5. Limited memory machines

Limited memory machines can store and use past experiences or data for a short period of time. For example, a self-driving car can store the speeds of vehicles in its vicinity, their respective distances, speed limits, and other relevant information for it to navigate through the traffic.

6. Theory of mind

Theory of mind refers to the type of AI that can understand human emotions and beliefs and socially interact like humans. This AI type has not yet been developed but is in contention for the future.

7. Self-aware AI

Self-aware AI deals with super-intelligent machines with their consciousness, sentiments, emotions, and beliefs. Such systems are expected to be smarter than a human mind and may outperform us in assigned tasks. Self-aware AI is still a distant reality, but efforts are being made in this direction.

History of Artificial Intelligence: From Turing to ChatGPT

 The history of AI has been a progression of conceptual work by Alan Turing in the 1950s, to modern systems such as ChatGPT, which have been characterized by stages of advancement and AI winters. Before 1956 The term artificial intelligence was coined in a workshop at Dartmouth in 1956, followed by the implementation of the so-called expert systems and early chatbots such as ELIZA in the 1960s and the resulting AI winter because of over-promising and under-delivering.

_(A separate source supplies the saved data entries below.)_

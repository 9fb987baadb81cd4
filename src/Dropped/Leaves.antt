-- ===== src/Dropped/Leaves.antt =====
-- A drop as one list of files, and what is collected from it.
use gothrough.Base.{◌≡◌, refl, sym, ap, ◌∙◌, Option, none, some, List, [], ◌∷◌, ◌++◌, Text, codes}
use gothrough.Upload.Types.{File}
use gothrough.Dropped.{
  Settled, refused_with, given, and_then, FileSystemEntry, file_entry, directory_entry, other_entry,
  Batches, drained, refused, batch, Siblings, no_more, sibling, TransferItem, DataTransfer, visit,
  visit_batches, visit_siblings, sources, take_source, take_sources, collect, collect_dropped_files,
}

module _ {E : Type 0} where
  -- The files below an entry in the order of the tree, each with its path; a directory that
  -- refuses stands for one that cannot be opened.
  unfoldable mutual
    pub leaves : FileSystemEntry E → Text → List (Settled E File)
    leaves (file_entry name (refused_with e)) parent = refused_with e ∷ []
    leaves (file_entry name (given file)) parent =
        given (record file { dropped_path = some (parent ++ name) }) ∷ []
    leaves (directory_entry name batches) parent =
        leaves_of_batches batches ((parent ++ name) ++ codes "/")
    leaves (other_entry name) parent = []

    pub leaves_of_batches : Batches E → Text → List (Settled E File)
    leaves_of_batches drained path = []
    leaves_of_batches (refused e) path = refused_with e ∷ []
    leaves_of_batches (batch child children rest) path =
        leaves child path ++ (leaves_of_siblings children path ++ leaves_of_batches rest path)

    pub leaves_of_siblings : Siblings E → Text → List (Settled E File)
    leaves_of_siblings no_more path = []
    leaves_of_siblings (sibling child children) path =
        leaves child path ++ leaves_of_siblings children path

  abbrev pub leaves_of_source : Option (FileSystemEntry E) → Option File → List (Settled E File)
  leaves_of_source (some entry) file = leaves entry []
  leaves_of_source none (some file) = given file ∷ []
  leaves_of_source none none = []

  abbrev pub source_leaves : List (TransferItem E) → List (Settled E File)
  source_leaves [] = []
  source_leaves (s ∷ rest) = leaves_of_source s.entry s.file ++ source_leaves rest

  -- All of the files, or the first failure.
  abbrev pub gather : List (Settled E File) → List File → Settled E (List File)
  gather [] files = given files
  gather (refused_with e ∷ rest) files = refused_with e
  gather (given file ∷ rest) files = gather rest (files ++ (file ∷ []))

  gather-append :
      (xs ys : List (Settled E File)) (files : List File)
      → gather (xs ++ ys) files ≡ and_then (gather xs files) (gather ys)
  gather-append [] ys files = refl
  gather-append (refused_with e ∷ xs) ys files = refl
  gather-append (given f ∷ xs) ys files = gather-append xs ys (files ++ (f ∷ []))

  and_then_congr :
      {A : Type 0} (o : Settled E A) (f g : A → Settled E (List File))
      → ((a : A) → f a ≡ g a)
      → and_then o f ≡ and_then o g
  and_then_congr (refused_with e) f g h = refl
  and_then_congr (given a) f g h = h a

  and_then_assoc :
      (o : Settled E (List File)) (f g : List File → Settled E (List File))
      → and_then (and_then o f) g ≡ and_then o (λ a. and_then (f a) g)
  and_then_assoc (refused_with e) f g = refl
  and_then_assoc (given a) f g = refl

  -- Two visits one after the other gather what stands in their lists, one after the other.
  in_turn :
      (xs ys : List (Settled E File)) (files : List File) (o : Settled E (List File))
      (f : List File → Settled E (List File))
      → o ≡ gather xs files
      → ((fs : List File) → f fs ≡ gather ys fs)
      → and_then o f ≡ gather (xs ++ ys) files
  in_turn xs ys files o f h k =
      ap (λ x. and_then x f) h
      ∙ and_then_congr (gather xs files) f (gather ys) k
      ∙ sym (gather-append xs ys files)

  mutual
    unfolding visit visit_batches visit_siblings leaves leaves_of_batches leaves_of_siblings

    pub visit-gather :
        (entry : FileSystemEntry E) (parent : Text) (files : List File)
        → visit entry parent files ≡ gather (leaves entry parent) files
    visit-gather (file_entry name (refused_with e)) parent files = refl
    visit-gather (file_entry name (given file)) parent files = refl
    visit-gather (directory_entry name batches) parent files =
        visit_batches-gather batches ((parent ++ name) ++ codes "/") files
    visit-gather (other_entry name) parent files = refl

    visit_batches-gather :
        (b : Batches E) (path : Text) (files : List File)
        → visit_batches b path files ≡ gather (leaves_of_batches b path) files
    visit_batches-gather drained path files = refl
    visit_batches-gather (refused e) path files = refl
    visit_batches-gather (batch child children rest) path files =
        and_then_assoc (visit child path files) (λ fs. visit_siblings children path fs)
          (λ fs. visit_batches rest path fs)
        ∙ in_turn (leaves child path)
            (leaves_of_siblings children path ++ leaves_of_batches rest path) files
            (visit child path files) _ (visit-gather child path files)
            (λ fs.
              in_turn (leaves_of_siblings children path) (leaves_of_batches rest path) fs
                (visit_siblings children path fs) _ (visit_siblings-gather children path fs)
                (λ gs. visit_batches-gather rest path gs))

    visit_siblings-gather :
        (c : Siblings E) (path : Text) (files : List File)
        → visit_siblings c path files ≡ gather (leaves_of_siblings c path) files
    visit_siblings-gather no_more path files = refl
    visit_siblings-gather (sibling child children) path files =
        in_turn (leaves child path) (leaves_of_siblings children path) files
          (visit child path files) _ (visit-gather child path files)
          (λ fs. visit_siblings-gather children path fs)

  take_source-gather :
      (entry : Option (FileSystemEntry E)) (file : Option File) (files : List File)
      → take_source entry file files ≡ gather (leaves_of_source entry file) files
  unfolding take_source
  take_source-gather (some entry) file files = visit-gather entry [] files
  take_source-gather none (some file) files = refl
  take_source-gather none none files = refl

  take_sources-gather :
      (items : List (TransferItem E)) (files : List File)
      → take_sources items files ≡ gather (source_leaves items) files
  unfolding take_sources
  take_sources-gather [] files = refl
  take_sources-gather (s ∷ rest) files =
      in_turn (leaves_of_source s.entry s.file) (source_leaves rest) files _ _
        (take_source-gather s.entry s.file files) (λ fs. take_sources-gather rest fs)

  -- Whatever is dropped: where nothing of it is a file, all of `files` is collected; else what is
  -- collected is every file of every item in order, those of a directory in the order of its tree
  -- and with their paths, however the directories were split into batches; and the collection
  -- fails exactly where one of them cannot be read, with the first such failure.
  pub collect_dropped_files-gather :
      (data' : DataTransfer E)
      → collect_dropped_files data' ≡ (elim (sources data') [
        | [] ↦ given data'.files
        | s ∷ rest ↦ gather (source_leaves (s ∷ rest)) []
      ])
  unfolding collect_dropped_files collect
  collect_dropped_files-gather data' = by_sources (sources data')
    where
      by_sources :
          (items : List (TransferItem E))
          → collect items data'.files ≡ (elim items [
            | [] ↦ given data'.files
            | s ∷ rest ↦ gather (source_leaves (s ∷ rest)) []
          ])
      by_sources [] = refl
      by_sources (s ∷ rest) = take_sources-gather (s ∷ rest) []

The renaissance was accompanied by the development of machine learning and deep learning, and in 2022 the ChatGPT large language model was released, which proves to be able to converse on many subjects.

Early foundations (1950s)

  • Alan Turing: He was viewed as a father of modern computing and artificial intelligence, and in 1950, he developed the so-called Turing Test to determine the power of a machine to behave in an intelligent way that would not be perceived as that of a human being.
  • Dartmouth Workshop: In 1956, this workshop was the first workshop that used the term artificial intelligence which brought together the main researchers.
  • First AI and Machine Learning: Scholars started to consider the ideas of artificial neural networks and what would come to be known as machine learning with researchers like the Shopper program on the EDSAC computer showing that its past search history could be used to learn. 

The period of AI winter and rule-based (1960s-1980s). 

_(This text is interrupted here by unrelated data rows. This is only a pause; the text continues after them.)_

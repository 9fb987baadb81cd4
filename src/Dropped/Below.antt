-- ===== src/Dropped/Below.antt =====
-- Every file of a dropped directory keeps its place below that directory.
use mathlib.Core.Path.{subst}
use gothrough.Base.{
  ◌≡◌, refl, sym, ◌∙◌, true, false, some, List, [], ◌∷◌, ◌++◌, All, Text, codes, is_empty,
  starts_with, arith, if_intro,
}
use gothrough.Upload.Types.{File}
use gothrough.Upload.FileKey.{get_upload_path}
use gothrough.Dropped.{
  Settled, refused_with, given, FileSystemEntry, file_entry, directory_entry, other_entry, Batches,
  drained, refused, batch, Siblings, no_more, sibling, visit,
}
use gothrough.Dropped.Leaves.{leaves, leaves_of_batches, leaves_of_siblings, gather, visit-gather}

given-injective :
    {E : Type 0} (a b : List File) → Path (Settled E (List File)) (given a) (given b) → a ≡ b
given-injective a b e = cc

starts_with_refl : (s : Text) → starts_with s s ≡ true
starts_with_refl [] = refl
starts_with_refl (c ∷ s) = ground (arith, starts_with_refl s)

starts_with_append : (s t q : Text) → starts_with s q ≡ true → starts_with (s ++ t) q ≡ true
starts_with_append s t [] h = refl
starts_with_append [] t (c ∷ q) h = ground arith
starts_with_append (d ∷ s) t (c ∷ q) h = ground (arith, starts_with_append s t q)

nonempty : (s q : Text) → is_empty q ≡ false → starts_with s q ≡ true → is_empty s ≡ true → ⊥
nonempty s [] full h e = cc
nonempty [] (c ∷ q) full h e = cc
nonempty (d ∷ s) (c ∷ q) full h e = cc

All-append {ℓ κ} :
    {A : Type ℓ} (P : A → Type κ) (xs ys : List A) → All P xs → All P ys → All P (xs ++ ys)
All-append P [] ys h k = k
All-append P (x ∷ xs) ys h k = (h.0, All-append P xs ys h.1 k)

slash_full : (s : Text) → is_empty (s ++ codes "/") ≡ false
slash_full [] = refl
slash_full (c ∷ s) = refl

module _ (q : Text) (full : is_empty q ≡ false) where
  abbrev IsBelow : File → Type 0
  IsBelow f = starts_with (get_upload_path f) q ≡ true

  leaf-IsBelow :
      (name parent : Text) (f : File)
      → starts_with parent q ≡ true
      → IsBelow (record f { dropped_path = some (parent ++ name) })
  unfolding get_upload_path
  leaf-IsBelow name parent f h =
      let long = starts_with_append parent name q h in
      if_intro (λ t. starts_with t q ≡ true) (is_empty (parent ++ name)) _ _
        (λ e. absurd (nonempty (parent ++ name) q full long e)) (λ _. long)

module _ {E : Type 0} where
  abbrev HoldsOf : (File → Type 0) → Settled E File → Type 0
  HoldsOf P (refused_with e) = Unit
  HoldsOf P (given f) = P f

  gather-All :
      (P : File → Type 0) (xs : List (Settled E File)) (files result : List File)
      → All (HoldsOf P) xs
      → All P files
      → gather xs files ≡ given result
      → All P result
  gather-All P [] files result h k e = subst (All P) (given-injective files result e) k
  gather-All P (refused_with e' ∷ xs) files result h k e = cc
  gather-All P (given f ∷ xs) files result h k e =
      gather-All P xs (files ++ (f ∷ [])) result h.1 (All-append P files (f ∷ []) k (h.0, tt)) e

  module _ (q : Text) (full : is_empty q ≡ false) where
    mutual
      unfolding leaves leaves_of_batches leaves_of_siblings

      leaves-IsBelow :
          (entry : FileSystemEntry E) (parent : Text)
          → starts_with parent q ≡ true
          → All (HoldsOf (IsBelow q full)) (leaves entry parent)
      leaves-IsBelow (file_entry name (refused_with e)) parent h = (tt, tt)
      leaves-IsBelow (file_entry name (given f)) parent h =
          (leaf-IsBelow q full name parent f h, tt)
      leaves-IsBelow (directory_entry name b) parent h =
          batches-IsBelow b ((parent ++ name) ++ codes "/")
            (starts_with_append (parent ++ name) (codes "/") q (starts_with_append parent name q h))
      leaves-IsBelow (other_entry name) parent h = tt

      batches-IsBelow :
          (b : Batches E) (path : Text)
          → starts_with path q ≡ true
          → All (HoldsOf (IsBelow q full)) (leaves_of_batches b path)
      batches-IsBelow drained path h = tt
      batches-IsBelow (refused e) path h = (tt, tt)
      batches-IsBelow (batch child children rest) path h =
          All-append (HoldsOf (IsBelow q full)) (leaves child path) _ (leaves-IsBelow child path h)
            (All-append (HoldsOf (IsBelow q full)) (leaves_of_siblings children path) _
              (siblings-IsBelow children path h) (batches-IsBelow rest path h))

      siblings-IsBelow :
          (c : Siblings E) (path : Text)
          → starts_with path q ≡ true
          → All (HoldsOf (IsBelow q full)) (leaves_of_siblings c path)
      siblings-IsBelow no_more path h = tt
      siblings-IsBelow (sibling child children) path h =
          All-append (HoldsOf (IsBelow q full)) (leaves child path) _ (leaves-IsBelow child path h)
            (siblings-IsBelow children path h)

  -- Where a dropped directory is collected, every file that it brings is uploaded under a path that
  -- begins with the path of that directory and a slash.
  pub visit-directory_IsBelow :
      (name parent : Text) (batches : Batches E) (files : List File)
      → visit (directory_entry name batches) parent [] ≡ given files
      → All
          (λ (f : File). starts_with (get_upload_path f) ((parent ++ name) ++ codes "/") ≡ true)
          files
  unfolding leaves leaves_of_batches leaves_of_siblings
  visit-directory_IsBelow name parent batches files e =
      let q = (parent ++ name) ++ codes "/" in
      gather-All (IsBelow q (slash_full (parent ++ name))) (leaves_of_batches batches q) [] files
        (batches-IsBelow q (slash_full (parent ++ name)) batches q (starts_with_refl q)) tt
        (sym (visit-gather (directory_entry name batches) parent []) ∙ e)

  • Expert Systems: The earliest so-called expert systems were developed in 1965, and they were aimed at mimicking the work of a human expert.
  • Chatbots: Joseph Weizenbaum wrote a chatbot in 1966, called ELIZA, one of the earliest chatbots, which could use natural language processing to imitate a psychotherapist.
  • First AI winter Research funding declined in the 1970s and 1980s because of a report on the lack of progress and the constraint of computational power, which became the first AI winter. 

Revival and modern AI (1990s-present)

Modern AI (1990s-present) Revival Revival art typically takes the form of art derived from an original artwork, with its distinctive methodological advances aligning with the revival era more closely.Revival and modern AI (1990s-present) Revival Art Revival art usually represents an art work based on an existing piece of art, and its new methodological developments can be more closely associated with the revival period.

Machine Learning and Deep Learning: The resurgence of AI research in the 1980s was due to the advancement of machine learning algorithms and the creation of deep learning.

Growth of Data: The proliferation of digital data to be used in training became a main point of improvement.

Deep Blue: this was the first milestone when in 1997 the Deep Blue computer played and won against the world chess champion Garry Kasparov.

AlphaGo: In 2016, AI succeeded the master of Go, Lee Sedol, and this feat was achieved by the AlphaGo created by Google, which led to the idea that AI is able to master a game that is believed to be much more complicated than chess.

ChatGPT: ChatGPT is a 2022 large language model that utilizes deep learning and the Generative Pre-trained Transformer (GPT) architecture to chat with humans and complete several text-based tasks, or ChatGPT.